# My son



## Derrar (Apr 28, 2016)

It is very sad story I am going to tell that happened to me lately . Had a beautiful son born in Malaysia on 2 February 2016 , on 4 February 2016 , my ex. And her parent decided to hide him in shelter then give away to adoption behind my back . When I found out the same day on 4 February 2016 , I couldn't do anything , we are not married . She want ahead beside me protesting and calling none stop to Stop her . She refused to tell me where she put my son , until I am still trying to find out . It is sad and depressing , I am an expat in Malaysia , my ex. Is Malaysian


----------



## DH7164 (Apr 29, 2016)

Derrar said:


> It is very sad story I am going to tell that happened to me lately . Had a beautiful son born in Malaysia on 2 February 2016 , on 4 February 2016 , my ex.
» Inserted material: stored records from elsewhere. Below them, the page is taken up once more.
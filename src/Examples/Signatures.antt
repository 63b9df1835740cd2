-- ===== src/Examples/Signatures.antt =====
-- The digest of a signed payload on concrete inputs.
use conduit_contracts.Base.{
  ℕ, zero, suc, ◌+◌, ◌*◌, ◌%◌, ◌≡◌, ◌⊎◌, refl, true, arith, [], ◌∷◌, length, pos,
}
use conduit_contracts.Factory.Signature.{Bytes, Crypto, SignaturePayload, to_be_bytes}
use conduit_contracts.Factory.Digest.{IsPayload, Collision, digest_binds}

abbrev repeated : ℕ → ℕ → Bytes
repeated zero byte = []
repeated (suc n) byte = byte ∷ repeated n byte

-- A checksum in the place of SHA-256.
abbrev checksum : Bytes → ℕ
checksum [] = 7
checksum (x ∷ xs) = (checksum xs * 31 + x) % 256

pub digest_of : Bytes → Bytes
digest_of b = repeated 32 (checksum b)

pub length-digest_of : (b : Bytes) → length (digest_of b) ≡ 32
unfolding digest_of
length-digest_of b = refl

instance abbrev pub toy_crypto : Crypto
toy_crypto = record {
  sha256 = digest_of;
  sha256_length = length-digest_of;
  ed25519_accepts = λ key message signature. true;
}

abbrev payload : SignaturePayload
payload = record {
  sender = repeated 32 1;
  recipient = repeated 32 2;
  token = repeated 32 3;
  deposit = pos 1_000;
  rate_per_sec = pos 10;
  start_time = 100;
  end_time = 200;
  clawback = true;
  nonce = 5;
  deadline = 90;
  network_passphrase = 84 ∷ 101 ∷ [];
}

-- 258 in two bytes.
two_bytes : to_be_bytes 2 258 ≡ 1 ∷ 2 ∷ []
unfolding to_be_bytes
two_bytes = refl

payload-IsPayload : IsPayload payload
payload-IsPayload = record {
  sender_length = refl;
  recipient_length = refl;
  token_length = refl;
  deposit_fits = refl;
  rate_fits = refl;
  start_fits = omega arith;
  end_fits = omega arith;
  nonce_fits = omega arith;
  deadline_fits = omega arith;
}

digest_binds_example : ((repeated 32 9 ≡ repeated 32 9) × (payload ≡ payload)) ⊎ Collision
digest_binds_example =
    digest_binds (repeated 32 9) (repeated 32 9) payload payload refl refl payload-IsPayload
      payload-IsPayload refl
And her parent decided to hide him in shelter then give away to adoption behind my back . When I found out the same day on 4 February 2016 , I couldn't do anything , we are not married . She want ahead beside me protesting and calling none stop to Stop her . She refused to tell me where she put my son , until I am still trying to find out . It is sad and depressing , I am an expat in Malaysia , my ex. Is Malaysian


The biggest deficit in 21 century is not financial deficit ( according to ex.finance minister there is $7 trillions of saving ) .
The biggest deficit is Morals and Dignity deficit , we are facing


----------